Sweet potato (Ipomoea batatus) is related to bindweed or morning glory, as its fast-growing vines will attest, and originated in Central or South America, possibly Brazil, Peru, or Equador.
There are generally two types of sweet potato, a dry-fleshed variety with white flesh, best grown in colder climates (and far too yam-like for comfort), and the moist-flesh or southern variety with which we’re happily familiar. Interestingly, the majority of sweet potatoes are grown in China, while it’s the second most important crop in Japan, where it is used to produce starch, wine, and alcohol. At home, nearly 30 percent of the sweet potatoes grown in the U.S. are cultivated in North Carolina, which also goes a long way to explain the South’s fondness for sweet potato, rather than pumpkin, pie.
Sweet potatoes can be rather versatile in the home garden. They can be cultivated normally, like potatoes, or even used as either an attractive ground cover, or interspersed in hanging baskets with trailing flowers. No promises, but the vines also infrequently produce pink flowers. In addition, by way of warning, I once surprised myself to find about two pounds of tubers growing in a hanging basket one fall season. I had only planted the vines to provide a light green contrast to other, darker foliage, little expecting a side dish.
You can start your sweet potato plantation by simply buying “slips” from local nurseries and garden centers, or through catalogs, for more unusual cultivars. About 25 slips will suffice for a family of four. You can also propagate your own from tubers which you or a neighbor have successfully overwintered from the garden. Don’t try to use store-bought tubers, as they are frequently treated with a compound precisely to prevent sprouting. Set your sweet potato in a glass of water, with one-third submerged. When the young sprouts are about six inches long pull them off (don’t cut them) and set them in water or moist sand until a dense mat of roots are formed. You can transplant them outdoors a few weeks after the last threat of frost. And, by the way, sprouting sweet potatoes is great fun for younger children. Many a school windowsill is covered with vines every spring.
For home composting devotees, note that sweet potatoes can be easily grown in a modest-sized bin filled with shredded leaves from the previous autumn. Be sure to keep the leaf mold moist for the first several weeks while roots are developing. By the following fall, your leaves will have mostly decomposed into a wonderful mulch, and your tubers will have grown freely and exuberantly in their fluffy medium.
Overall, sweet potato vines can grow up to four feet or more, although there are several cultivars with compact growth habits and shorter vines, which are ideally suited for barrels or patio containers, including ‘Bunch Porto Rico’ and ‘Vardaman.’
Other popular standard varieties include ‘Allgold’, ‘Heart-o-gold,’ ‘Nancy Hall,’ ‘Centennial,’ high-yielding ‘Beauregard,’ ‘Jewel,’ ‘Yellow Jersey,’ and ‘Southern Delight.’

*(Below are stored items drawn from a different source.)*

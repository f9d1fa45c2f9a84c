-- ===== src/Queue/Progress.antt =====
-- When queue_send and queue_recv return, and when they succeed.
use ohmylib.Prelude.{
  ℕ, ◌≡◌, ◌≢◌, ◌⊎◌, inl, inr, refl, sym, ap, ◌∙◌, Bool, true, false, Bool-cases, ◌==◌, Option, none,
  some, List, [], ◌∷◌, if◌then◌else◌,
}
use ohmylib.Prelude.Int.{ℤ, pos}
use ohmylib.Queue.State.{Queue, Shared, returns, queue_is_empty_locked, queue_is_full_locked}
use ohmylib.Queue.Deadline.{Timespec, deadline}
use ohmylib.Queue.Transfer.{
  Condition, cond_read, cond_write, Wake, Outcome, wait_loop, queue_send_wait, queue_recv_wait,
  queue_send, queue_recv, queue_put, queue_take,
}
use ohmylib.Queue.Waiting.{EndsWaiting}
use ohmylib.Queue.Sending.{queue_send_returns}
use ohmylib.Queue.Receiving.{queue_recv_returns}

-- The first state with `busy` false of those that the thread finds, on entry and at each return
-- of the wait up to the first with a result other than 0. `ret` is the last result.
abbrev pub first_free : (Queue → Bool) → Shared → ℕ → List Wake → Option Shared
first_free busy s ret [] = if busy s.queue then none else some s
first_free busy s ret (w ∷ ws) =
    let rest = first_free busy w.shared w.ret ws in
    if busy s.queue then if ret == 0 then rest else none else some s

first_free_now :
    (busy : Queue → Bool) (s t : Shared) (ret : ℕ) (ws : List Wake)
    → busy s.queue ≡ false
    → first_free busy s ret ws ≡ some t
    → s ≡ t
first_free_now busy s t ret [] e h = cc (rw e at h)
first_free_now busy s t ret (w ∷ ws) e h = cc (rw e at h)

module _ (busy : Queue → Bool) (c : Condition) (ts : Timespec) where
  wait_loop-first_free :
      (ws : List Wake) (s t : Shared) (ret : ℕ)
      → first_free busy s ret ws ≡ some t
      → let w = wait_loop busy c ts ws s ret in
        (w.finished ≡ true) × (w.shared ≡ t) × (busy t.queue ≡ false)
  unfolding wait_loop
  wait_loop-first_free [] s t ret h = elim (Bool-cases (busy s.queue)) [
    | inl e ↦ absurd (cc (rw e at h))
    | inr e ↦
        let same : s ≡ t = cc (rw e at h) in
        (rw e refl, same, ap (λ u. busy u.queue) (sym same) ∙ e)
  ]
  wait_loop-first_free (w ∷ ws) s t ret h = elim (Bool-cases (busy s.queue)) [
    | inl e ↦ elim (Bool-cases (ret == 0)) [
      | inl f ↦ rw (e, f) (wait_loop-first_free ws w.shared t w.ret (rw (e, f) at h))
      | inr f ↦ absurd (cc (rw (e, f) at h))
    ]
    | inr e ↦
        let same : s ≡ t = cc (rw e at h) in
        rw e (refl, same, ap (λ u. busy u.queue) (sym same) ∙ e)
  ]

module _ (now : Timespec) (timeout : ℤ) (p : ℕ) (ws : List Wake) (s : Shared) where
  abbrev pub send_outcome : Outcome
  send_outcome = queue_send now ws (some s) p timeout

  abbrev pub recv_outcome : Outcome
  recv_outcome = queue_recv now ws (some s) p timeout

  pub send_free :
      (t : Shared)
      → first_free queue_is_full_locked s 0 ws ≡ some t
      → (send_outcome.reply ≡ some (returns (pos 0))) × (send_outcome.shared ≡ some (queue_put p t))
  unfolding queue_send queue_send_wait
  send_free t h =
      let (finished, same, room) =
        wait_loop-first_free queue_is_full_locked cond_write (deadline now timeout) ws s t 0 h in
      elim (Bool-cases (queue_is_full_locked s.queue)) [
        | inl e ↦ rw (e, finished, same, room) (refl, refl)
        | inr e ↦ rw e (
          refl,
          ap (λ u. some (queue_put p u)) (first_free_now queue_is_full_locked s t 0 ws e h),
        )
      ]

  pub recv_free :
      (t : Shared)
      → first_free queue_is_empty_locked s 0 ws ≡ some t
      → (recv_outcome.reply ≡ some (returns (pos 0)))
        × (recv_outcome.shared ≡ some (queue_take p t))
  unfolding queue_recv queue_recv_wait
  recv_free t h =
      let (finished, same, more) =
        wait_loop-first_free queue_is_empty_locked cond_read (deadline now timeout) ws s t 0 h in
      elim (Bool-cases (queue_is_empty_locked s.queue)) [
        | inl e ↦ rw (e, finished, same, more) (refl, refl)
        | inr e ↦ rw e (
          refl,
          ap (λ u. some (queue_take p u)) (first_free_now queue_is_empty_locked s t 0 ws e h),
        )
      ]

-- The two calls that transfer a message: the number of messages with which each has to wait, and
-- what it does to the queue.
pub data Transfer : Type 0 where
  sending receiving : Transfer

abbrev pub limit : Transfer → Queue → ℕ
limit sending q = q.nmemb
limit receiving q = 0

abbrev pub at_limit : Transfer → Queue → Bool
at_limit sending q = q.nmemb == q.avail
at_limit receiving q = q.avail == 0

abbrev pub outcome : Transfer → Timespec → List Wake → Shared → ℕ → ℤ → Outcome
outcome sending now ws s p timeout = queue_send now ws (some s) p timeout
outcome receiving now ws s p timeout = queue_recv now ws (some s) p timeout

abbrev pub transferred : Transfer → ℕ → Shared → Shared
transferred sending p s = queue_put p s
transferred receiving p s = queue_take p s

-- A call of queue_send or of queue_recv returns if one of the waits ends by a result other
-- than 0, as a timed-out one does; and it does without any wait if the queue is not full on
-- entry, for queue_send, or not empty, for queue_recv.
pub transfers_return :
    (d : Transfer) (now : Timespec) (timeout : ℤ) (p : ℕ) (ws : List Wake) (s : Shared)
    → EndsWaiting ws ⊎ (s.queue.avail ≢ limit d s.queue)
    → (outcome d now ws s p timeout).reply ≢ none
transfers_return sending now timeout p ws s h = queue_send_returns now timeout p ws s h
transfers_return receiving now timeout p ws s h = queue_recv_returns now timeout p ws s h

-- If one of the states that a call of queue_send finds, on entry and at each return of the
-- wait up to the first with a result other than 0, is not full, then the call returns 0 and
-- has put the message into the first such state, also where that wait has timed out; and
-- likewise a call of queue_recv takes a message from the first state that is not empty.
pub transfers_succeed :
    (d : Transfer) (now : Timespec) (timeout : ℤ) (p : ℕ) (ws : List Wake) (s free : Shared)
    → first_free (at_limit d) s 0 ws ≡ some free
    → ((outcome d now ws s p timeout).reply ≡ some (returns (pos 0)))
      × ((outcome d now ws s p timeout).shared ≡ some (transferred d p free))
unfolding queue_is_full_locked queue_is_empty_locked
transfers_succeed sending now timeout p ws s free h = send_free now timeout p ws s free h
transfers_succeed receiving now timeout p ws s free h = recv_free now timeout p ws s free h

And while sweet potatoes are an important part of our Thanksgiving tradition, they are gaining even more status as an important source of nutrition, with fiber, vitamins A and C, iron and calcium, antioxidants, and beta carotene. In fact, one sweet potato provides half the recommended daily allowance of beta carotene. It’s everything you need for a happy – and healthy – holiday. Just watch out for those tiny marshmallows!